▶ Task objective: Search the records for "execute". Copy every line where it appears.

▶ Data for this exercise:
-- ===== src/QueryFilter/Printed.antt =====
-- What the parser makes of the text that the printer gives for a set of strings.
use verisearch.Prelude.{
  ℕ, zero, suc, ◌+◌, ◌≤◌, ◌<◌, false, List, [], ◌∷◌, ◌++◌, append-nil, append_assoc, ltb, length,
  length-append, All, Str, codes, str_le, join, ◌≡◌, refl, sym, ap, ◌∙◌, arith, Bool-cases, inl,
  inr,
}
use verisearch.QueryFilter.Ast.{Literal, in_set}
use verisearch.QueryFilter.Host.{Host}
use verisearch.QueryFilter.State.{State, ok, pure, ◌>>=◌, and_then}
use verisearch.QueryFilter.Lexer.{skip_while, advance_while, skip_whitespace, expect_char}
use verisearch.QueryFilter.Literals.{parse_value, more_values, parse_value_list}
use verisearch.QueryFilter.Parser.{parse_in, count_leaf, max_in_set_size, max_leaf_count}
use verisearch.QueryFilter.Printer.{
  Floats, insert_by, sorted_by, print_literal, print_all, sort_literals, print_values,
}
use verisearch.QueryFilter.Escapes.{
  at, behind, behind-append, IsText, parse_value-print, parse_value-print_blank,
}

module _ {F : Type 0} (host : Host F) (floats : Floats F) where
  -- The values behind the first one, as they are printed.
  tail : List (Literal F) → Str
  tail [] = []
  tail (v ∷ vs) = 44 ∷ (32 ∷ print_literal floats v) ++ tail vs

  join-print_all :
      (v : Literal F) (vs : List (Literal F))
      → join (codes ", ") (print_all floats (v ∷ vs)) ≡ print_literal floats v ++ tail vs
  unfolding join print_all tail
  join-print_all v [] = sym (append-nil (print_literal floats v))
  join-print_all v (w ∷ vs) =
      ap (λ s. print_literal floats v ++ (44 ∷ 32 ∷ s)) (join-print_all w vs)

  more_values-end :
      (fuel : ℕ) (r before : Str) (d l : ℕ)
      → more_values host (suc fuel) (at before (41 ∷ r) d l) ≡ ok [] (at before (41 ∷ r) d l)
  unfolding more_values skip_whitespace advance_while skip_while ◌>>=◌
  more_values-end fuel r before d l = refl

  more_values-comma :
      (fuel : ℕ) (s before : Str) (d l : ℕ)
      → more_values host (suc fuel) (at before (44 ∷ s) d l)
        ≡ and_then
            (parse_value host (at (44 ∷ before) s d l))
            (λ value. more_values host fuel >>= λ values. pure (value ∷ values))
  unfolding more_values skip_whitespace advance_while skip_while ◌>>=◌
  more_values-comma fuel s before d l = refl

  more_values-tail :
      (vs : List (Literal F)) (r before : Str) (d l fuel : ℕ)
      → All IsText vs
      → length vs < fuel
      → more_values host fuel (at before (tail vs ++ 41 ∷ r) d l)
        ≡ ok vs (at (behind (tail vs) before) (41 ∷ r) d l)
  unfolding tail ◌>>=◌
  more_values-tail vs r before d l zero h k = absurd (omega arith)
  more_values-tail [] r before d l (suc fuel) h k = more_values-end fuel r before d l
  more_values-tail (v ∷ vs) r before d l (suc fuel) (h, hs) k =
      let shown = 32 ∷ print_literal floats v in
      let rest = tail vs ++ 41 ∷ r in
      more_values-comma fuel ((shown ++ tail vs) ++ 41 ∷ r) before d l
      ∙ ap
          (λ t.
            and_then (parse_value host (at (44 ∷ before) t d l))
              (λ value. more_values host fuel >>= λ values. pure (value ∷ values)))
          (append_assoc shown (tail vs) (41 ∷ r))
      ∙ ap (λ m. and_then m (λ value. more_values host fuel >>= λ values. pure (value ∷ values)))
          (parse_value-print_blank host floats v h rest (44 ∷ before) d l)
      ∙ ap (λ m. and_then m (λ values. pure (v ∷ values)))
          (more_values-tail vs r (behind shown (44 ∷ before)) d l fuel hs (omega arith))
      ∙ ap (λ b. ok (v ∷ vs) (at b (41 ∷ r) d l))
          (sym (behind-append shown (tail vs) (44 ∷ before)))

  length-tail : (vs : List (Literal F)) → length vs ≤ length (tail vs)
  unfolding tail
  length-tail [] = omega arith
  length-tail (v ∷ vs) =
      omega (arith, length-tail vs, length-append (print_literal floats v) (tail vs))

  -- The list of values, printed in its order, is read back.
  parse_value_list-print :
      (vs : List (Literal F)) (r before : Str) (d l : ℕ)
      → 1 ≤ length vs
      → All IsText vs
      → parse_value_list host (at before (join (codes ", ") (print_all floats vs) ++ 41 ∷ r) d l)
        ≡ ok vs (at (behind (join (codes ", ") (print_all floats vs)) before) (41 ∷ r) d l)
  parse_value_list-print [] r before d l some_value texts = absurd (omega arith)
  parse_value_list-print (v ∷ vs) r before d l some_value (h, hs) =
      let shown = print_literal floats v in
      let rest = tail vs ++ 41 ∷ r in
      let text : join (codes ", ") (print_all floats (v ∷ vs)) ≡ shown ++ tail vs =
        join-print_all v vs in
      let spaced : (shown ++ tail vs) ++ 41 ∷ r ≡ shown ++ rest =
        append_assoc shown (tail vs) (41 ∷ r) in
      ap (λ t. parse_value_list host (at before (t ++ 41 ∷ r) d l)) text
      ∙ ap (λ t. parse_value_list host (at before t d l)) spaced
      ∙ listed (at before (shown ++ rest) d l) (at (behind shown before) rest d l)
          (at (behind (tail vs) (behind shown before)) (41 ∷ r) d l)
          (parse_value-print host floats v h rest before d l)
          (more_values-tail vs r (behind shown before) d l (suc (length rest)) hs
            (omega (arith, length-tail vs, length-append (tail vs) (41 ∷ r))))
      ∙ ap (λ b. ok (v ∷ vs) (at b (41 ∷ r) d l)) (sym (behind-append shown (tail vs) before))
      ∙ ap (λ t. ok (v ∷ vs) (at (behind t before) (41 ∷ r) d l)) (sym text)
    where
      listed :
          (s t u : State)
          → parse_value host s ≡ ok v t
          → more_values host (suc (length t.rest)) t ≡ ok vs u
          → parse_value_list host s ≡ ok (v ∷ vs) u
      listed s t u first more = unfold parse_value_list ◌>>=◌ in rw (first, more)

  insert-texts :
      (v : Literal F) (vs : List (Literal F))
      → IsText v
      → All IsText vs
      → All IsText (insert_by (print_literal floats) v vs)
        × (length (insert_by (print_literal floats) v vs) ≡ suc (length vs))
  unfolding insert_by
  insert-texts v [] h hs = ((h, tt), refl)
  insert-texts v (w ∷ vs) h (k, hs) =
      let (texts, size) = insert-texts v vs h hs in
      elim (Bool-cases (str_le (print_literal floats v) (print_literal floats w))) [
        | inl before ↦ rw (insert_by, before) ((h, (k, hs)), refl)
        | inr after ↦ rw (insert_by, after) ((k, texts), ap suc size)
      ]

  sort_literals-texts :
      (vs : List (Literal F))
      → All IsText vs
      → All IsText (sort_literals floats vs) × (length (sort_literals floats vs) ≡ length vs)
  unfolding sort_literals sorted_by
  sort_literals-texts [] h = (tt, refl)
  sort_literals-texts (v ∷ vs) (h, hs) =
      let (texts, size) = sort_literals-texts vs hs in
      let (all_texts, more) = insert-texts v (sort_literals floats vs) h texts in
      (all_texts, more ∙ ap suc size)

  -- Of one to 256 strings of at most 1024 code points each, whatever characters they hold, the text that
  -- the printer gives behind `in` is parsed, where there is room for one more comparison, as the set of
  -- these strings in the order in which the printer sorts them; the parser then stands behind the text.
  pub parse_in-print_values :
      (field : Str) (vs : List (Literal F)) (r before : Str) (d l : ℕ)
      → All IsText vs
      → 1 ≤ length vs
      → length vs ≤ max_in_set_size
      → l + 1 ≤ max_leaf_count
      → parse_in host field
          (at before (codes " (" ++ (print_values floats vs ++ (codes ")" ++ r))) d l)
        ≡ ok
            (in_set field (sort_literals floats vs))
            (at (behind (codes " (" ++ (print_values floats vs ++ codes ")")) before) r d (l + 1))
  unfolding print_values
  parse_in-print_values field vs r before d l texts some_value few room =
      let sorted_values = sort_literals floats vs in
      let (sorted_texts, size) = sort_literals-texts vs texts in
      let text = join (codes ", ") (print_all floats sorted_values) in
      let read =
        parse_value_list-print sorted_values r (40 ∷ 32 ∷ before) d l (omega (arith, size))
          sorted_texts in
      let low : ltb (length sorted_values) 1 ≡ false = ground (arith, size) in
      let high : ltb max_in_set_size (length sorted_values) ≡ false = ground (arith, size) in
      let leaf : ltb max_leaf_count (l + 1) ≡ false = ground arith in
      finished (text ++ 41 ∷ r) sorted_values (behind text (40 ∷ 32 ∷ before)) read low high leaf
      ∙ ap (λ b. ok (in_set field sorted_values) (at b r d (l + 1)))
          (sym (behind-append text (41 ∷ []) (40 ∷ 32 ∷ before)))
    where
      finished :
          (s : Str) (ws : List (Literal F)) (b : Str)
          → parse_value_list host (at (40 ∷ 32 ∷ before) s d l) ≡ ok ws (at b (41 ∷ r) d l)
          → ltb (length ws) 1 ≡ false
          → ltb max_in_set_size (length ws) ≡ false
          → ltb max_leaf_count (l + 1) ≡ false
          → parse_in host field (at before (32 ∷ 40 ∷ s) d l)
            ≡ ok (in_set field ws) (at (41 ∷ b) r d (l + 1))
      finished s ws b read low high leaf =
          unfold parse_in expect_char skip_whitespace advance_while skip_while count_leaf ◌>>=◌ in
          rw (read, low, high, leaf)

...

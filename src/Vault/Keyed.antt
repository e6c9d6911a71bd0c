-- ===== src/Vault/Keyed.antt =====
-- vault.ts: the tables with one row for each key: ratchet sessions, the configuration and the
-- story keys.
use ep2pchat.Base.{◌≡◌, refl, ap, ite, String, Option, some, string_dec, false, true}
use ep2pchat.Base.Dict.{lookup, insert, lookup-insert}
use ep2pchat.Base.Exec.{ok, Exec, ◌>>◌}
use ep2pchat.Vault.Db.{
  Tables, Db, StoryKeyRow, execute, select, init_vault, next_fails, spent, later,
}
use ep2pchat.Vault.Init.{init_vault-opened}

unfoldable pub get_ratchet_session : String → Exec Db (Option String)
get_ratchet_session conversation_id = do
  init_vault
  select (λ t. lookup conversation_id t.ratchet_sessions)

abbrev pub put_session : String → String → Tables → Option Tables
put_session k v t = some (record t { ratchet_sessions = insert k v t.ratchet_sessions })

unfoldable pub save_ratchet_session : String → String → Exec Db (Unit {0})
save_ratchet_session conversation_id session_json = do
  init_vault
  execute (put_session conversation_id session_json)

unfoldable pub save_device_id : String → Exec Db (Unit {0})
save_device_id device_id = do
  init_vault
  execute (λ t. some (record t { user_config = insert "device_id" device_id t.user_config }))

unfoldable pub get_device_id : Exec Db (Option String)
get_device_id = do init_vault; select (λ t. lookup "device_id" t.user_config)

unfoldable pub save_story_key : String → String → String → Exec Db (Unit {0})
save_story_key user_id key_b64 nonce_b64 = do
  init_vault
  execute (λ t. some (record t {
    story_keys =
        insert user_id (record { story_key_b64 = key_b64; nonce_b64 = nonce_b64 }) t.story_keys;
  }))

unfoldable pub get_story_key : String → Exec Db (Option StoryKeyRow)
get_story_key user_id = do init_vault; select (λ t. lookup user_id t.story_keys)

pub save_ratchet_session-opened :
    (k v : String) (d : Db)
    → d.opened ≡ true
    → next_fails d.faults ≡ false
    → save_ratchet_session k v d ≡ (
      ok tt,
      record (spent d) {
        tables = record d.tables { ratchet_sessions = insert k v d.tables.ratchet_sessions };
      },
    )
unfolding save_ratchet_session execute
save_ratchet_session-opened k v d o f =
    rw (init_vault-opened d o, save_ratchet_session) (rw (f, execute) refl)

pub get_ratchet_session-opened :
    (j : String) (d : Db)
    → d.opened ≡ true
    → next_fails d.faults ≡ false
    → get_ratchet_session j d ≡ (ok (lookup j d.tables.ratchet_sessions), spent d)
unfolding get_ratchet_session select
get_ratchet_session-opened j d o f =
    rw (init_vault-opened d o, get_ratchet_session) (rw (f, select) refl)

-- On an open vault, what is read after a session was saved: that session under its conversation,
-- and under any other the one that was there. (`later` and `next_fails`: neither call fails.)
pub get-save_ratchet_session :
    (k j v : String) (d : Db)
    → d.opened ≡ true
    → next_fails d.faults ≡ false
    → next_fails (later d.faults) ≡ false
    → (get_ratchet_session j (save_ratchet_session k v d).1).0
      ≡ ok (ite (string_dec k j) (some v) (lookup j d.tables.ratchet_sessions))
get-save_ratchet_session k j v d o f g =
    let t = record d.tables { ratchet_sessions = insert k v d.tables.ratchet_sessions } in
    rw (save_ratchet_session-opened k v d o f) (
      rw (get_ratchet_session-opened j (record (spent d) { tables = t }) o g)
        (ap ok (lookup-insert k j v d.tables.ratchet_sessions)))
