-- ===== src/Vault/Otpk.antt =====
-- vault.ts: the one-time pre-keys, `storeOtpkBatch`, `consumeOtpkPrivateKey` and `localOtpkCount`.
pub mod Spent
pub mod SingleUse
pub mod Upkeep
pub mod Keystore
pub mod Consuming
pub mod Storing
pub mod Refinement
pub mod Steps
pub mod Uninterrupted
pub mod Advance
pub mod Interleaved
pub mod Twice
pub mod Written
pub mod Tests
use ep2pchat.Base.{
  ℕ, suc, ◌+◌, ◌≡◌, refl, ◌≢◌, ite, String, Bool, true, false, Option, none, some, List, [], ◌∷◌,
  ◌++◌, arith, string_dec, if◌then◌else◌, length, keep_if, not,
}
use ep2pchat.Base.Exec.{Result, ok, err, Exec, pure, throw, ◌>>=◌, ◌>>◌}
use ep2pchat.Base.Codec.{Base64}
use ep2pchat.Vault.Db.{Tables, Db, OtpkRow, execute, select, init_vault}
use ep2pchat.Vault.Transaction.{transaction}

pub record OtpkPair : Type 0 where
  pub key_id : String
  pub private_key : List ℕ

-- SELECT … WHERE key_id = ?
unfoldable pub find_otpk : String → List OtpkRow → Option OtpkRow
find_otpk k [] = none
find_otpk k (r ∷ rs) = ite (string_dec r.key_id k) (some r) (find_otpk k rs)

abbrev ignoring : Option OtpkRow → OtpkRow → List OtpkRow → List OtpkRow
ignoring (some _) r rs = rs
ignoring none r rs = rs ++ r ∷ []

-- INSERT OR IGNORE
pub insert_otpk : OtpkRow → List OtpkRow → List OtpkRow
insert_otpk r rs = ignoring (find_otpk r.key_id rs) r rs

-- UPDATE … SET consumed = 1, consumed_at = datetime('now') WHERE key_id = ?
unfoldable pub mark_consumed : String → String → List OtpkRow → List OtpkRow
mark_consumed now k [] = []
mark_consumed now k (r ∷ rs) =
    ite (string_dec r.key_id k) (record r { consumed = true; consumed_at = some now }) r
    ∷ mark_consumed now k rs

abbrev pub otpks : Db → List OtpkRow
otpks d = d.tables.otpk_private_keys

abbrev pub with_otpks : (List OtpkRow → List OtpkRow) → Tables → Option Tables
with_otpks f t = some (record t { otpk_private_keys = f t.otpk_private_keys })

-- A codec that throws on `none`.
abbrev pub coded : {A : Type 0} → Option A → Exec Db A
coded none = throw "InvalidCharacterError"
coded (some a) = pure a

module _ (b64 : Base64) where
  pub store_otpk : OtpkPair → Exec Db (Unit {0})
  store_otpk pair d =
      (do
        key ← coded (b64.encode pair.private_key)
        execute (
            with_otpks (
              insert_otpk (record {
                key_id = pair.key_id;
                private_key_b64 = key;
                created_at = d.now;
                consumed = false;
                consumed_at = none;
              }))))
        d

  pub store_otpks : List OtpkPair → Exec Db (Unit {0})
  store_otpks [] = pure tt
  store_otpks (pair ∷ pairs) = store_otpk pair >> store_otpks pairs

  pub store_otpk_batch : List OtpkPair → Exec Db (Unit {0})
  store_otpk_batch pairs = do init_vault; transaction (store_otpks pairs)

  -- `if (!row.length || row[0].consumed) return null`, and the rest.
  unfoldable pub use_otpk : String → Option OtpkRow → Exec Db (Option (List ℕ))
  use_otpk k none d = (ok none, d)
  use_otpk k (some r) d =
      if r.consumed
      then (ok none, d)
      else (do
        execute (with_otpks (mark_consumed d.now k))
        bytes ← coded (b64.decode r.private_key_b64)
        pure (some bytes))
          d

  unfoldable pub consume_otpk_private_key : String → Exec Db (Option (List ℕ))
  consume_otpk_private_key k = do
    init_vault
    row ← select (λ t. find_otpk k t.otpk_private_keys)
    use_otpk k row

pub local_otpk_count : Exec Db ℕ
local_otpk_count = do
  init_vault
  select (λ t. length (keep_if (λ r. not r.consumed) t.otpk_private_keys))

...

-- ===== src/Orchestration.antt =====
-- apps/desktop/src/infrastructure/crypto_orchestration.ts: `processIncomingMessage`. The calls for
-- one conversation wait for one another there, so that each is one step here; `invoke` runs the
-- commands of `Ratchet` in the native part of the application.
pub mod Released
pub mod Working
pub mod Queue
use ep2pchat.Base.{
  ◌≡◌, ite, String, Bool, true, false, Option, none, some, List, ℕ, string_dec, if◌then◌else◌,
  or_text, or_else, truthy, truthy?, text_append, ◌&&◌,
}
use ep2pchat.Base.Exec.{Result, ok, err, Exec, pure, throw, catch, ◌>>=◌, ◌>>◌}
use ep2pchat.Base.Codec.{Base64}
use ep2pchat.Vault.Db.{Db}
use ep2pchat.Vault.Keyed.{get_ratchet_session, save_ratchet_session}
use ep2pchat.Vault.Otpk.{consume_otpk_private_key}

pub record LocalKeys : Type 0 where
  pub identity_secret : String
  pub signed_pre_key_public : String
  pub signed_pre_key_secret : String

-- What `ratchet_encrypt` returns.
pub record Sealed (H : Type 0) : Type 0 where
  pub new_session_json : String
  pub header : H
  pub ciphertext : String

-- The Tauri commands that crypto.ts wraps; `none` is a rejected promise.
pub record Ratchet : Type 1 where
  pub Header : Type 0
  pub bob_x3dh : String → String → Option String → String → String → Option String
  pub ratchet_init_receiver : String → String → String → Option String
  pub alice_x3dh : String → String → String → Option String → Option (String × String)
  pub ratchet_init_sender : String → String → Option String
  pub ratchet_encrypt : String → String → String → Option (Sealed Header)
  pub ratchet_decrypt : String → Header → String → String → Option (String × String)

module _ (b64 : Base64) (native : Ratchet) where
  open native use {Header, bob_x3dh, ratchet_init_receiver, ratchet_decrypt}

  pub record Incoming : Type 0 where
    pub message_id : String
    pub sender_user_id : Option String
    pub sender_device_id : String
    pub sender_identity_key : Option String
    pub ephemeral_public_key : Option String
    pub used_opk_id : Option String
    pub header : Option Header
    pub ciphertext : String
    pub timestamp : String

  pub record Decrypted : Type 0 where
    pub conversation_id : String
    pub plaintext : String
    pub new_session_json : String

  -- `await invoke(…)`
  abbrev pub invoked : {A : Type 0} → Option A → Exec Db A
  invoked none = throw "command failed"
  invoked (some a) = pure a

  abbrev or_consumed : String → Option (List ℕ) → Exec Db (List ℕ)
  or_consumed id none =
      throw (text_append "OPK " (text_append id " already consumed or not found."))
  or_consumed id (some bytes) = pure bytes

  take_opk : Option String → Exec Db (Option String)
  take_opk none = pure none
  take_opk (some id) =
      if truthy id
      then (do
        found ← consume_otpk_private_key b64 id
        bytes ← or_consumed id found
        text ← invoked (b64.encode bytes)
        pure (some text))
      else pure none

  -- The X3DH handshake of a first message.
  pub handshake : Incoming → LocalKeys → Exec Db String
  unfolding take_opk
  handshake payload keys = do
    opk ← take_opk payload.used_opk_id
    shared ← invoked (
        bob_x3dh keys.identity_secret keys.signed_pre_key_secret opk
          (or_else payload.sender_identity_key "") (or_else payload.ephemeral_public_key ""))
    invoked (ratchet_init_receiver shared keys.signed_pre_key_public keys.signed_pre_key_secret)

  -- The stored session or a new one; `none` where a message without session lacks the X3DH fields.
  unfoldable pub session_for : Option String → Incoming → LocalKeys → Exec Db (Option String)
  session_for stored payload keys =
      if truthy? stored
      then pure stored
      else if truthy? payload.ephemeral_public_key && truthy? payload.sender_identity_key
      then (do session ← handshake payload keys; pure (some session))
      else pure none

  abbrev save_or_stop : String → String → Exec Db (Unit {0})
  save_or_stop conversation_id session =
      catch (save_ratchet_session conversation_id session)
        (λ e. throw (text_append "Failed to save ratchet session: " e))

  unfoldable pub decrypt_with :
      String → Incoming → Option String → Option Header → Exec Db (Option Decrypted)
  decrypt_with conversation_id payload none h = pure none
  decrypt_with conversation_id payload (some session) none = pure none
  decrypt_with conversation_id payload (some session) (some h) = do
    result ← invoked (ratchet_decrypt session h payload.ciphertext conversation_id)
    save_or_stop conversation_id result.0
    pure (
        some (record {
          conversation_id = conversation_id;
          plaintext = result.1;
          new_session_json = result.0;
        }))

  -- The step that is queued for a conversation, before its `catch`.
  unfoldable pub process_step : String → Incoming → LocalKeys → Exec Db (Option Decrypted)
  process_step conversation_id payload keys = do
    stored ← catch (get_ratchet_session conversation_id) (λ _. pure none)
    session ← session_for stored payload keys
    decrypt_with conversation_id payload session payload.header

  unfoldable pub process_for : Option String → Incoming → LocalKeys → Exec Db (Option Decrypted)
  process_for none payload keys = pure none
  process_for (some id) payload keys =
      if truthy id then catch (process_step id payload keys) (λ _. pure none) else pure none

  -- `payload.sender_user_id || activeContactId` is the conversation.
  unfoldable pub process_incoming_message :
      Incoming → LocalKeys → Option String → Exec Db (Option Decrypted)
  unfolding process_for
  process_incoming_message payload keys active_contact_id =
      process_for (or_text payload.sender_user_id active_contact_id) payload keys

▶ Result of the exercise:
  Tables, Db, StoryKeyRow, execute, select, init_vault, next_fails, spent, later,
  execute (put_session conversation_id session_json)
  execute (λ t. some (record t { user_config = insert "device_id" device_id t.user_config }))
  execute (λ t. some (record t {
unfolding save_ratchet_session execute
    rw (init_vault-opened d o, save_ratchet_session) (rw (f, execute) refl)
use ep2pchat.Vault.Db.{Tables, Db, OtpkRow, execute, select, init_vault}
        execute (
        execute (with_otpks (mark_consumed d.now k))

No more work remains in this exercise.